Try it:
Within the listing below, tally the lines where the word "false" appears, and answer with nothing but the tally.

Provided entries:
• • • • •

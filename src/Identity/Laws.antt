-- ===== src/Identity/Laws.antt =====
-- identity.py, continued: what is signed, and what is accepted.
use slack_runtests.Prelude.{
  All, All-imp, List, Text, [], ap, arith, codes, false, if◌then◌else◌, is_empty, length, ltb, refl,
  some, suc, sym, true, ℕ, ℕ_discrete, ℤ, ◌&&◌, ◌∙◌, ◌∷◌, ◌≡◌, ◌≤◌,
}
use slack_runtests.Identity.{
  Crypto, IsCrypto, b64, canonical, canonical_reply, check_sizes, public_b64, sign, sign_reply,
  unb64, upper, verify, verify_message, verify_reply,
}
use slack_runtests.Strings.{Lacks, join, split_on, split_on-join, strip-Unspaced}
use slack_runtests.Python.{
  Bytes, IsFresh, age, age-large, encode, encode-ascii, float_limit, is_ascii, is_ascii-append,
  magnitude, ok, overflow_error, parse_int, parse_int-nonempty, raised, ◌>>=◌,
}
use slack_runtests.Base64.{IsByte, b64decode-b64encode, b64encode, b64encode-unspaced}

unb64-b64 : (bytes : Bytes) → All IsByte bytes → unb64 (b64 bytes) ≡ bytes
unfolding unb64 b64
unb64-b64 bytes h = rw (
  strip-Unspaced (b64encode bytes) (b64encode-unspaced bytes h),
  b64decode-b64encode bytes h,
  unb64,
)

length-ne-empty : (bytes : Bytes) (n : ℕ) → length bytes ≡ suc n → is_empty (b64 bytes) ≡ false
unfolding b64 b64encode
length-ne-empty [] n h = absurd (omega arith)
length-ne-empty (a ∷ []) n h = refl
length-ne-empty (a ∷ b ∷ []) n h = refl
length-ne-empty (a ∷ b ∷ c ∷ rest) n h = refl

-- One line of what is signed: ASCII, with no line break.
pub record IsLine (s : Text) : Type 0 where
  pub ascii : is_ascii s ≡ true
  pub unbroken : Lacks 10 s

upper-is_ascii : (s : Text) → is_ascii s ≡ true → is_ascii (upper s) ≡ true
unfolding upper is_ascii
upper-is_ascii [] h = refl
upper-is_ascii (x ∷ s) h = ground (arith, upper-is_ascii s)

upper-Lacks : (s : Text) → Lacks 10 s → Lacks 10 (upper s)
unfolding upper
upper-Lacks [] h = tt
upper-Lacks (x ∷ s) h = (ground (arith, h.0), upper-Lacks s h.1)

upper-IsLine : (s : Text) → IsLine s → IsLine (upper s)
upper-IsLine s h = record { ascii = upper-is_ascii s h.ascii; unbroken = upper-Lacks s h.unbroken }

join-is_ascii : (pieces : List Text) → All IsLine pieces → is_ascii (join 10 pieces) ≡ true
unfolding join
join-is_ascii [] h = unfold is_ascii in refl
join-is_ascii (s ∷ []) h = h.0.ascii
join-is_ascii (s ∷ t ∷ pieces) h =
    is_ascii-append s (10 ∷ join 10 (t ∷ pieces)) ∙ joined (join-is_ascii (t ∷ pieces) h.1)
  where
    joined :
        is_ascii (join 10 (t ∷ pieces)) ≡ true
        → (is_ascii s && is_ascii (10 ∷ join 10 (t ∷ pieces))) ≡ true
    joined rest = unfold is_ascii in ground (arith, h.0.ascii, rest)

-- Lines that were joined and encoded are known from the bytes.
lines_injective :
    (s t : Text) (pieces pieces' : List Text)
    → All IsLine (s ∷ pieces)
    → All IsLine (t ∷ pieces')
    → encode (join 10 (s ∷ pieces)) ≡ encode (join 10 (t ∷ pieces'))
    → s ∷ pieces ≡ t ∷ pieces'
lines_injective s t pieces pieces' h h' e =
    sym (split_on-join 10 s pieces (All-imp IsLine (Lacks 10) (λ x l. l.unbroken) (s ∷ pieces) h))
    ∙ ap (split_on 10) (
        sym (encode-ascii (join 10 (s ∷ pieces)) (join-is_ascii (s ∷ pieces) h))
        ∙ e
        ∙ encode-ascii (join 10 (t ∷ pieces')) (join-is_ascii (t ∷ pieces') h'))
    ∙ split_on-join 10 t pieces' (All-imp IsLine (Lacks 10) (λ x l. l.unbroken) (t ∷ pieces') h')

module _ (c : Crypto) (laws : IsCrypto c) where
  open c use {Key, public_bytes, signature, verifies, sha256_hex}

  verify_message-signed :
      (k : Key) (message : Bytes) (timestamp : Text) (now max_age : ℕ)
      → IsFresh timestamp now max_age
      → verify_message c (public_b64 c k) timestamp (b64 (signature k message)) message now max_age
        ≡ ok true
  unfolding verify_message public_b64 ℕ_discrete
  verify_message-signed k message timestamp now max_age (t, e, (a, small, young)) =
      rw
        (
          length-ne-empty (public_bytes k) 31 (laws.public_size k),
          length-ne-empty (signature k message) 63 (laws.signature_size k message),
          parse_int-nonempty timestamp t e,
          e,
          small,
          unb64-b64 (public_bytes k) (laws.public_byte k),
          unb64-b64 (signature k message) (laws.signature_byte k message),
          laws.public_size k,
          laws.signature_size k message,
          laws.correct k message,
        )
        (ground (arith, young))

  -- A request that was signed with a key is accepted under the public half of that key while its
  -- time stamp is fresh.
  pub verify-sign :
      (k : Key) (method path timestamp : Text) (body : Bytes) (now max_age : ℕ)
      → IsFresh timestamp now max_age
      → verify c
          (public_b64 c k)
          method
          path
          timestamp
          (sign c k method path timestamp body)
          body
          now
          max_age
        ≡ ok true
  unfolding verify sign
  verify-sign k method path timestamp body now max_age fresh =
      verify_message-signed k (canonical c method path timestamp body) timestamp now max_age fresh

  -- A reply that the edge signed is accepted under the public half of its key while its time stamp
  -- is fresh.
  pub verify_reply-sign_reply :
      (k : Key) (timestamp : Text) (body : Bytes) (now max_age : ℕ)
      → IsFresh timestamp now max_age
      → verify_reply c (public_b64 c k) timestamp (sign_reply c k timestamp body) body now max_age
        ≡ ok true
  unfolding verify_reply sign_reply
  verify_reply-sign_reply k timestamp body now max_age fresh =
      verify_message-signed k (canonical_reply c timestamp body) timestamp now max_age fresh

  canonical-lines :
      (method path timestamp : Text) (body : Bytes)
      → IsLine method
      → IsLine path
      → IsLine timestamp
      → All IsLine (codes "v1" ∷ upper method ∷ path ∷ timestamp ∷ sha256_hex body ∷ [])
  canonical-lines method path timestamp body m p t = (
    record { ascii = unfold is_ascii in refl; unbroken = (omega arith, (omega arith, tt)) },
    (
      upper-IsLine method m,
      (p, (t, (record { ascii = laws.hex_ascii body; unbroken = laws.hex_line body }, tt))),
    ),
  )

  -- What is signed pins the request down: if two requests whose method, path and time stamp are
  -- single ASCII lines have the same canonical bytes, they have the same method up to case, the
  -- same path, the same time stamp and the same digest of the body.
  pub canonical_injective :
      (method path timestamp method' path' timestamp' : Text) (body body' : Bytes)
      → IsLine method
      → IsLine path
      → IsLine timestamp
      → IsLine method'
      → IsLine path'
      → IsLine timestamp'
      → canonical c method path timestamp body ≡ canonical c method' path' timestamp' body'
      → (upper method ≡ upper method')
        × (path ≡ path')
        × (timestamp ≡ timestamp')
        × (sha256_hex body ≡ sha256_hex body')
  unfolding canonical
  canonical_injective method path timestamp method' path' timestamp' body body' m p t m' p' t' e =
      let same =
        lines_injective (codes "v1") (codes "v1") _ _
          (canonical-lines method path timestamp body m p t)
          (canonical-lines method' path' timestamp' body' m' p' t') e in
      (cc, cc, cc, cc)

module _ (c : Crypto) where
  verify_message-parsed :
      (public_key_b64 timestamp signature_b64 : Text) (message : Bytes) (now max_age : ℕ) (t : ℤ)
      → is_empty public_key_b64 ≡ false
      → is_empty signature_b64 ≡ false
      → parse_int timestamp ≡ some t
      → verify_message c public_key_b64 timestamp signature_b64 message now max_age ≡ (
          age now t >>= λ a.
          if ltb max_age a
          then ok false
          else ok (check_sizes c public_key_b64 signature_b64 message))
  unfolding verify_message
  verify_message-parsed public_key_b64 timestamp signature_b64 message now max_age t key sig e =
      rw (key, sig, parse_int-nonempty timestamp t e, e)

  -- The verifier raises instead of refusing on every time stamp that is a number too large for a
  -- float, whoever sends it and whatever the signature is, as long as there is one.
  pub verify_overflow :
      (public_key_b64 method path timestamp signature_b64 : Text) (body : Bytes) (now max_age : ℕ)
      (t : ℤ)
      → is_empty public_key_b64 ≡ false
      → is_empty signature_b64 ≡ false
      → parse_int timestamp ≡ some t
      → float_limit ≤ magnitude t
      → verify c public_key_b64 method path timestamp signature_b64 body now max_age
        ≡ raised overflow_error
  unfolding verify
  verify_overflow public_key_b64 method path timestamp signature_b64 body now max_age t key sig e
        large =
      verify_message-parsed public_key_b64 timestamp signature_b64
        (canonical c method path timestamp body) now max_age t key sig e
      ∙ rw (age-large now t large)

• • • • •

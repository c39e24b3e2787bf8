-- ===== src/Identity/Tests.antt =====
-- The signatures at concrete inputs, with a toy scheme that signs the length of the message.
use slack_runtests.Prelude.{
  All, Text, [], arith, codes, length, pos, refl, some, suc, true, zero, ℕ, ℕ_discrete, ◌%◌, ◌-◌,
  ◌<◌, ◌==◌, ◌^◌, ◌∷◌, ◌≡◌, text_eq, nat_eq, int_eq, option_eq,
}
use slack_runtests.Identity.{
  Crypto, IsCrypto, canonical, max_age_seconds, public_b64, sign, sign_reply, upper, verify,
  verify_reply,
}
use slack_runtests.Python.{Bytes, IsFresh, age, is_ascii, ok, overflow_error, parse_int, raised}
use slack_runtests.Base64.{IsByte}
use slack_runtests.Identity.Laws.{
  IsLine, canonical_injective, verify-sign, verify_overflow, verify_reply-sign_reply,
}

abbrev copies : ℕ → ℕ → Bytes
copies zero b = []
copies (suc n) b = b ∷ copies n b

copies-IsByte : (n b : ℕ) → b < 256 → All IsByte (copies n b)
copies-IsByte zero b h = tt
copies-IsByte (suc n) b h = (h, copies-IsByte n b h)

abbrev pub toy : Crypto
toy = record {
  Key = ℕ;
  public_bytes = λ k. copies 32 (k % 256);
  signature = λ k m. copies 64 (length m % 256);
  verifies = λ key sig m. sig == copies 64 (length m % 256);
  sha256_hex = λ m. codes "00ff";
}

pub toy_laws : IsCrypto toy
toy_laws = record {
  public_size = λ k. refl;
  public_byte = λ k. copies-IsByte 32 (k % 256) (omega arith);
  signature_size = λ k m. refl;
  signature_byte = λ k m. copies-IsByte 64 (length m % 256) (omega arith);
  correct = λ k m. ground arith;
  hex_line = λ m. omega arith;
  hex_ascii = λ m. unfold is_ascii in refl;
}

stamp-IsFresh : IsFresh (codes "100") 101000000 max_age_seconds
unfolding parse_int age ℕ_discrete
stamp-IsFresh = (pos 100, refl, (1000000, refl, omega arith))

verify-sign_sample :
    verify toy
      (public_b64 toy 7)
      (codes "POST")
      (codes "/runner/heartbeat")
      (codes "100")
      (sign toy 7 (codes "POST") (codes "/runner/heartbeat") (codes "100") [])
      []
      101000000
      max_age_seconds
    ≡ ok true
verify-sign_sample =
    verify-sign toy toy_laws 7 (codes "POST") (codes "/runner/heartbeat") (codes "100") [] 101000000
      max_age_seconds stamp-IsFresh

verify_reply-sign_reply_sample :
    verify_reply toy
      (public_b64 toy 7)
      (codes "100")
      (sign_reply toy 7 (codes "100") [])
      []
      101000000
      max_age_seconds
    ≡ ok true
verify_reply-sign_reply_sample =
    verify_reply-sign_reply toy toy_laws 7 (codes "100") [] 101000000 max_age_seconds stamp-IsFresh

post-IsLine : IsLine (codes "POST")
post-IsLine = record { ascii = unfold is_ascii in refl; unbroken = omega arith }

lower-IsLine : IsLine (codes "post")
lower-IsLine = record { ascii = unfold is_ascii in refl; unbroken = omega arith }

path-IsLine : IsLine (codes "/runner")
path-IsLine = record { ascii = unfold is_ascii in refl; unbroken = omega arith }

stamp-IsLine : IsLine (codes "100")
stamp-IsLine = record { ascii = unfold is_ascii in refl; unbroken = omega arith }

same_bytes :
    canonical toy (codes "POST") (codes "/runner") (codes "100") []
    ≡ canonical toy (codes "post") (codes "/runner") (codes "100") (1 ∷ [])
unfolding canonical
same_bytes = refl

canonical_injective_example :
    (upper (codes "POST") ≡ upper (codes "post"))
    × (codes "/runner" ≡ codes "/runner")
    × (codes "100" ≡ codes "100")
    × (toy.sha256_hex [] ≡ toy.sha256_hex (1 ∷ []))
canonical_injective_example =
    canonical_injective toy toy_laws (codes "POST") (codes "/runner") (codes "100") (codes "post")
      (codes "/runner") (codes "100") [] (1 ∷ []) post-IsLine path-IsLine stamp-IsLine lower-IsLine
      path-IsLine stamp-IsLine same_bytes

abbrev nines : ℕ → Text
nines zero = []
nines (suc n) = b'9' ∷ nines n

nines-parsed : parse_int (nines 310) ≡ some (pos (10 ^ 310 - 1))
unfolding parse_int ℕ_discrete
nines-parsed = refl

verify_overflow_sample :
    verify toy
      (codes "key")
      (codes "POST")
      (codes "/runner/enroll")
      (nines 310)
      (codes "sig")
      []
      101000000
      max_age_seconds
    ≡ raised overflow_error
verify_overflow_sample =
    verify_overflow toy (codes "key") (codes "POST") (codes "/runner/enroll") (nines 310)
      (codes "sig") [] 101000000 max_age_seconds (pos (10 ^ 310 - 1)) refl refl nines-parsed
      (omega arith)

• • • • •

Solution below:
7